DATA FOR ANALYSIS:
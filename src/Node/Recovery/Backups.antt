-- ===== src/Node/Recovery/Backups.antt =====
-- What the backups of the log keep, and what a new node takes from them.
use raft_based_distributed_l.Storage.LogMemory.Files.{store_log_memory}
use raft_based_distributed_l.Storage.LogMemory.Files.RoundTrip.{
  reload_log_memory-Stretch, IsReloaded, store_log_memory-loop,
}
use raft_based_distributed_l.Storage.LogMemory.{LogMemory, fetch_log_entry}
use raft_based_distributed_l.Storage.LogEntry.Frames.{IsFramed, IsWriter}
use raft_based_distributed_l.Storage.LogEntry.{LogEntry}
use raft_based_distributed_l.Node.Recovery.{recovered_node, new_node, backup_procedure}
use raft_based_distributed_l.Storage.Codec.{Codec}
use raft_based_distributed_l.Node.State.{NodeConfig, with_context, Node}
use raft_based_distributed_l.Prelude.{
  ap, length-append, sym, subst, ◌++◌, refl, ◌∙◌, ◌-◌, arith, ◌+◌, add64, Bool-cases, ◌<◌, ◌≤◌, ◌≡◌,
  length, ℕ, ltb, List, if◌then◌else◌, Bytes, some, true, inl, inr,
}
use raft_based_distributed_l.Exec.{Exec, ok}
use raft_based_distributed_l.Storage.LogMemory.Contents.{IsContiguous}
use Prim.Native.Nat.{◌^◌}
use raft_based_distributed_l.Storage.LogMemory.Files.Stretch.{
  append-Stretch, stretch, Stretch, store_loop-Stretch,
}

-- The file holds the frames of the entries 1 to the last backup index, in order.
pub record IsBackedUp (codec : Codec) (n : Node) (content : Bytes) : Type 0 where
  pub entries : List LogEntry
  pub total : ℕ
  pub stored : Stretch codec n.log_entry_in_memory 1 entries content total
  pub size : length entries ≡ n.context.last_backup_index

-- The node with what is committed backed up.
abbrev pub all_backed_up : Node → Node
all_backed_up n =
    with_context
      (λ nc. record nc {
        last_backup_index =
            if ltb nc.last_backup_index nc.commit_index
            then nc.commit_index
            else nc.last_backup_index;
      })
      n

backup_procedure-stored :
    {W : Type 0} (codec : Codec) (write : Bytes → Exec W ℕ) (n : Node) (w w' : W) (m : ℕ)
    → ltb n.context.last_backup_index n.context.commit_index ≡ true
    → store_log_memory codec write
        (add64 n.context.last_backup_index 1)
        n.context.commit_index
        n.log_entry_in_memory
        w
      ≡ (ok m, w')
    → backup_procedure codec write n (some w) ≡ (all_backed_up n, some w')
unfolding backup_procedure
backup_procedure-stored codec write n w w' m c h =
    rw (h, backup_procedure, c)
      (ap
        (λ p. (with_context (λ nc. record nc { last_backup_index = nc.commit_index }) n, some p.1))
        h)

IsBackedUp-more :
    (codec : Codec) (n : Node) (content : Bytes) (es : List LogEntry) (bytes : Bytes) (total : ℕ)
    → ltb n.context.last_backup_index n.context.commit_index ≡ true
    → IsBackedUp codec n content
    → Stretch codec n.log_entry_in_memory (n.context.last_backup_index + 1) es bytes total
    → length es ≡ n.context.commit_index + 1 - (n.context.last_backup_index + 1)
    → IsBackedUp codec (all_backed_up n) (content ++ bytes)
IsBackedUp-more codec n content es bytes total c b st size =
    let at_end : n.context.last_backup_index + 1 ≡ 1 + length b.entries =
      let z = b.size in omega arith in
    let st' = subst (λ i. Stretch codec n.log_entry_in_memory i es bytes total) at_end st in
    record {
      entries = b.entries ++ es;
      total = b.total + total;
      stored =
          append-Stretch codec n.log_entry_in_memory 1 b.entries es content bytes b.total total
            b.stored st';
      size = let z = b.size in let k = length-append b.entries es in ground arith;
    }

-- If the log has no gap, its entries can be framed as the round trip asks, the commit index is at
-- most the last index, that is below 2^64, the writer appends, and the file holds the frames of
-- the entries from 1 to the last backup index, then the backup procedure moves the last backup
-- index up to the commit index if that is higher, changes nothing else of the node, and leaves a
-- file that holds the frames of the entries from 1 to the new last backup index.
pub backup_procedure-IsBackedUp :
    {W : Type 0} (codec : Codec) (write : Bytes → Exec W ℕ) (writer : IsWriter write) (n : Node)
    (w : W)
    → IsContiguous n.log_entry_in_memory
    → ((j : ℕ) (le : LogEntry)
        → fetch_log_entry n.log_entry_in_memory j ≡ ok le
        → IsFramed codec le)
    → n.context.commit_index ≤ n.log_entry_in_memory.maximum_index
    → n.log_entry_in_memory.maximum_index < 2 ^ 64
    → IsBackedUp codec n (writer.content w)
    → (w' : W) × (backup_procedure codec write n (some w) ≡ (all_backed_up n, some w'))
      × IsBackedUp codec (all_backed_up n) (writer.content w')
unfolding backup_procedure
backup_procedure-IsBackedUp codec write writer n w v framed le small b =
    let lm = n.log_entry_in_memory in
    let last = n.context.last_backup_index in
    let commit = n.context.commit_index in
    elim (Bool-cases (ltb last commit)) [
      | inr c ↦ rw (c, backup_procedure) (w, refl, b)
      | inl c ↦
          let next : add64 last 1 ≡ last + 1 = ground arith in
          let (es, bytes, total, st, size) =
            stretch codec lm (commit + 1 - (last + 1)) (last + 1) v framed (omega arith)
              (ground arith) in
          let (w', stored, grown) =
            store_loop-Stretch codec lm write writer (last + 1) es bytes total 0 w st in
          let looped =
            store_log_memory-loop codec write (last + 1) commit lm w (omega arith) (ground arith)
              le in
          let rounds = rw (size) at stored in
          let all : store_log_memory codec write (add64 last 1) commit lm w ≡ (ok (0 + total), w') =
            subst (λ i. store_log_memory codec write i commit lm w ≡ (ok (0 + total), w'))
              (sym next) (looped ∙ rounds) in
          let held = IsBackedUp-more codec n (writer.content w) es bytes total c b st size in
          (
            w',
            backup_procedure-stored codec write n w w' (0 + total) c all,
            subst (IsBackedUp codec (all_backed_up n)) (sym grown) held,
          )
    ]

pub new_node-IsReloaded :
    (codec : Codec) (config : NodeConfig) (addresses now : ℕ) (n : Node) (content : Bytes)
    → IsContiguous n.log_entry_in_memory
    → IsBackedUp codec n content
    → (lm : LogMemory) × IsReloaded n.log_entry_in_memory 1 n.context.last_backup_index lm
      × (new_node codec config addresses now content
          ≡ some (recovered_node codec config addresses now lm))
unfolding new_node
new_node-IsReloaded codec config addresses now n content v b =
    let last = n.context.last_backup_index in
    let size : length b.entries ≡ last + 1 - 1 = let z = b.size in omega arith in
    let (lm, reloaded, held) =
      reload_log_memory-Stretch codec n.log_entry_in_memory 1 last b.entries content b.total v.valid
        (omega arith) (omega arith) b.stored size (λ z. omega arith) in
    (lm, held, rw (reloaded, new_node) refl)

WHAT TO PRODUCE: Within the preceding material, tally each line that holds the word "Files". Write down only the total.

OUTPUT FOR THIS EXERCISE: 3